Reviewer 2 (Public review):

We thank the reviewer for the thoughtful and positive assessment of our work. We are pleased that the model development, empirical analyses, and presentation were found to be clear and rigorous. We appreciate the recognition that the continuous-time formulation meaningfully extends prior variability-partitioning approaches and enables a more precise characterization of how stimulus drive and internal gain dynamics evolve across temporal scales. We are also encouraged that the cross-area analyses and model comparisons were viewed as providing new insights and clear empirical improvements. Below, we address the specific suggestions raised by the reviewer.

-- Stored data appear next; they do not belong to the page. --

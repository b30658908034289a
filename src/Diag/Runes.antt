-- ===== src/Diag/Runes.antt =====
-- Where error.go finds the token and the character of an error.
use sql_ai_tools.Prelude.{
  ℕ, zero, suc, ◌+◌, ◌-◌, ◌≡◌, ◌≢◌, refl, ap, ◌∙◌, true, false, List, [], ◌∷◌, ◌++◌, none, some,
  Bytes, length, length-append, take, arith, All, ◌≤◌, ◌⊎◌, ◌↔◌, Bool-cases, inl, inr,
}
use sql_ai_tools.Text.Laws.{drop-length-append}
use sql_ai_tools.Position.{Position, position_at, position_from_byte_offset}
use sql_ai_tools.Diag.{
  is_ident_start, is_ident_cont, ident_run, ident_from, identifier_at, width, walk,
  char_index_to_byte_offset, ServerError, server_error, cluster_position, from_cluster_error,
}

-- The bytes of one code point, whatever stands behind them.
abbrev pub IsRune : Bytes → Type 0
IsRune [] = ⊥
IsRune (c ∷ t) = (rest : Bytes) → width c (t ++ rest) ≡ suc (length t)

abbrev pub concat : List Bytes → Bytes
concat [] = []
concat (r ∷ rs) = r ++ concat rs

walk-skip : (t s : Bytes) (n : ℕ) → walk (length t) n (t ++ s) ≡ length t + walk 0 n s
unfolding walk
walk-skip [] s n = omega arith
walk-skip (c ∷ t) s n = omega (arith, walk-skip t s n)

walk-concat :
    (rs : List Bytes) (n : ℕ) → All IsRune rs → walk 0 n (concat rs) ≡ length (concat (take n rs))
unfolding walk
walk-concat [] zero h = refl
walk-concat [] (suc n) h = refl
walk-concat ([] ∷ rs) n h = absurd h.0
walk-concat ((c ∷ t) ∷ rs) zero h = refl
walk-concat ((c ∷ t) ∷ rs) (suc n) h =
    let less : width c (t ++ concat rs) - 1 ≡ length t = omega (arith, h.0 (concat rs)) in
    let ih = walk-concat rs n h.1 in
    let both = length-append t (concat (take n rs)) in
    rw less (omega (arith, walk-skip t (concat rs) n, ih, both))

nonempty-position :
    (sql : Bytes) (n : ℕ)
    → sql ≢ []
    → cluster_position sql (suc n) ≡ some (position_at sql (walk 0 n sql))
unfolding cluster_position position_from_byte_offset char_index_to_byte_offset
nonempty-position [] n h = absurd (h refl)
nonempty-position (c ∷ sql) n h = refl

-- For a text of whole code points, the position of a cluster's error is that of the code point that
-- the server counts, from 1 on: the bytes of those before it are its offset, and past the last one it
-- is the end of the text. Without a position of the server there is none.
pub cluster_position-rune :
    (rs : List Bytes) (e : ServerError) (n : ℕ)
    → All IsRune rs
    → concat rs ≢ []
    → (e.position ≡ suc n
        → (from_cluster_error (server_error e) (concat rs)).position
          ≡ some (position_at (concat rs) (length (concat (take n rs)))))
      × (e.position ≡ 0 → (from_cluster_error (server_error e) (concat rs)).position ≡ none)
unfolding from_cluster_error cluster_position
cluster_position-rune rs e n h ne = (
  λ at. rw at (
      nonempty-position (concat rs) n ne
      ∙ ap (λ k. some (position_at (concat rs) k)) (walk-concat rs n h)),
  λ at. rw at (no_position (concat rs)),
)
  where
    no_position : (sql : Bytes) → cluster_position sql 0 ≡ none
    no_position [] = refl
    no_position (c ∷ sql) = refl

-- A letter of ASCII or the underscore.
abbrev pub IsLetter : ℕ → Type 0
IsLetter c = ((65 ≤ c) × (c ≤ 90)) ⊎ ((97 ≤ c) × (c ≤ 122)) ⊎ (c ≡ 95)

-- One of these, or a digit.
abbrev pub IsWordByte : ℕ → Type 0
IsWordByte c = IsLetter c ⊎ ((48 ≤ c) × (c ≤ 57))

-- A text that no identifier goes on into.
abbrev pub Stops : Bytes → Type 0
Stops [] = Unit
Stops (c ∷ s) = ¬ IsWordByte c

start_iff : (c : ℕ) → (is_ident_start c ≡ true) ↔ IsLetter c
unfolding is_ident_start
start_iff c = (λ h. ground (arith, h), λ h. ground (arith, h))

cont_iff : (c : ℕ) → (is_ident_cont c ≡ true) ↔ IsWordByte c
unfolding is_ident_cont is_ident_start
cont_iff c = (λ h. ground (arith, h), λ h. ground (arith, h))

stopped : (c : ℕ) → (¬ IsWordByte c) → is_ident_cont c ≡ false
stopped c h = elim (Bool-cases (is_ident_cont c)) [
  | inl b ↦ absurd (h ((cont_iff c).0 b))
  | inr b ↦ b
]

ident_run-Stops : (t rest : Bytes) → All IsWordByte t → Stops rest → ident_run (t ++ rest) ≡ t
unfolding ident_run
ident_run-Stops [] [] h stop = refl
ident_run-Stops [] (c ∷ rest) h stop = rw (stopped c stop) refl
ident_run-Stops (c ∷ t) rest h stop = rw ((cont_iff c).1 h.0, ident_run-Stops t rest h.1 stop) refl

unstarted : (c : ℕ) → (¬ IsLetter c) → is_ident_start c ≡ false
unstarted c h = elim (Bool-cases (is_ident_start c)) [
  | inl b ↦ absurd (h ((start_iff c).0 b))
  | inr b ↦ b
]

-- The token at a position is the longest run of letters, underscores and digits that begins there, where
-- it begins with a letter or an underscore, and is empty where another byte stands there.
pub identifier_at-token :
    (pre : Bytes) (c : ℕ) (t rest : Bytes) (p : Position)
    → p.byte_offset ≡ length pre
    → All IsWordByte t
    → Stops rest
    → (IsLetter c → identifier_at (pre ++ c ∷ (t ++ rest)) (some p) ≡ c ∷ t)
      × ((¬ IsLetter c) → identifier_at (pre ++ c ∷ (t ++ rest)) (some p) ≡ [])
unfolding identifier_at ident_from
identifier_at-token pre c t rest p at h stop = (
  λ b.
      rw
        (
          at,
          drop-length-append pre (c ∷ (t ++ rest)),
          (start_iff c).1 b,
          ident_run-Stops t rest h stop,
        )
        refl,
  λ b. rw (at, drop-length-append pre (c ∷ (t ++ rest)), unstarted c b) refl,
)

Positioning relative to prior work: Regarding the comment on incremental contribution, we agree that our framework builds directly on earlier variability-partitioning approaches. Our goal was to extend these models to continuous time and to develop a principled inference framework capable of characterizing how gain dynamics evolve across temporal scales. We will further clarify this positioning in the revised manuscript.

Extension to sub-Poisson variability: We thank the reviewer for this suggestion. We agree that sub-Poisson variability is an important phenomenon observed in neural data. Because the CMP model builds on a Poisson observation model with stochastic gain modulation, it naturally captures Poisson and super-Poisson variability but cannot generate sub-Poisson spike count statistics in its existing form. We will clarify this limitation in the revised manuscript and expand the Discussion to outline potential extensions that could address sub-Poisson variability, such as incorporating spike-history effects, renewal-process models, or alternative count distributions.